-- ===== src/Shards/Attendance.antt =====
-- app/shards/attendance.py: one shard a day, by the server's date in Seoul. A time is a number of
-- seconds since 1970-01-01 in UTC, and `date_text` is Python's `strftime("%Y-%m-%d")` of a day.
use ggumirror_be.Base.{ℕ, ◌+◌, ◌*◌, ◌/◌, Bool, none, some, if◌then◌else◌}
use ggumirror_be.Base.Int.{ℤ, pos}
use ggumirror_be.Base.Text.{Text}
use ggumirror_be.Base.Exec.{Result, ok, err}
use ggumirror_be.Shards.Models.{daily_attendance, ShardMutationResult}
use ggumirror_be.Shards.Store.{ShardStore}
use ggumirror_be.Shards.Service.{has_event, credit}

abbrev pub daily_reward : ℕ
daily_reward = 1

abbrev pub kst_offset : ℕ
kst_offset = 9 * 3600

-- The number of the day in Seoul.
unfoldable pub kst_day : ℕ → ℕ
kst_day now = (now + kst_offset) / 86400

pub record Attendance : Type 0 where
  pub date : Text
  pub claimed : Bool
  pub reward : ℕ
  pub balance : ℤ

abbrev pub attended :
    Text → Result ShardMutationResult × ShardStore → Result Attendance × ShardStore
attended date (err e, s) = (err e, s)
attended date (ok r, s) = (
  ok (record {
    date = date;
    claimed = r.applied;
    reward = if r.applied then daily_reward else 0;
    balance = r.wallet.balance;
  }),
  s,
)

unfoldable pub attendance_date : (ℕ → Text) → ℕ → Text
attendance_date date_text now = date_text (kst_day now)

module _ (sha256 : Text → Text) (date_text : ℕ → Text) where
  unfoldable pub status : ShardStore → Text → ℕ → Text × Bool
  status s u now = (
    attendance_date date_text now,
    has_event sha256 s u daily_attendance (attendance_date date_text now),
  )

  unfoldable pub claim : Text → Text → ℕ → ShardStore → Result Attendance × ShardStore
  claim u fresh now s = attended (attendance_date date_text now) (
      credit sha256 u (pos daily_reward) daily_attendance (some (attendance_date date_text now))
        none none none fresh now s)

■ Assignment
Your task for the entries above: copy exactly the span starting with the line with "pub claimed : Bool" and going on through the line with "unfoldable pub status", both lines included, and nothing else.

■ Expected answer
  pub claimed : Bool
  pub reward : ℕ
  pub balance : ℤ

abbrev pub attended :
    Text → Result ShardMutationResult × ShardStore → Result Attendance × ShardStore
attended date (err e, s) = (err e, s)
attended date (ok r, s) = (
  ok (record {
    date = date;
    claimed = r.applied;
    reward = if r.applied then daily_reward else 0;
    balance = r.wallet.balance;
  }),
  s,
)

unfoldable pub attendance_date : (ℕ → Text) → ℕ → Text
attendance_date date_text now = date_text (kst_day now)

module _ (sha256 : Text → Text) (date_text : ℕ → Text) where
  unfoldable pub status : ShardStore → Text → ℕ → Text × Bool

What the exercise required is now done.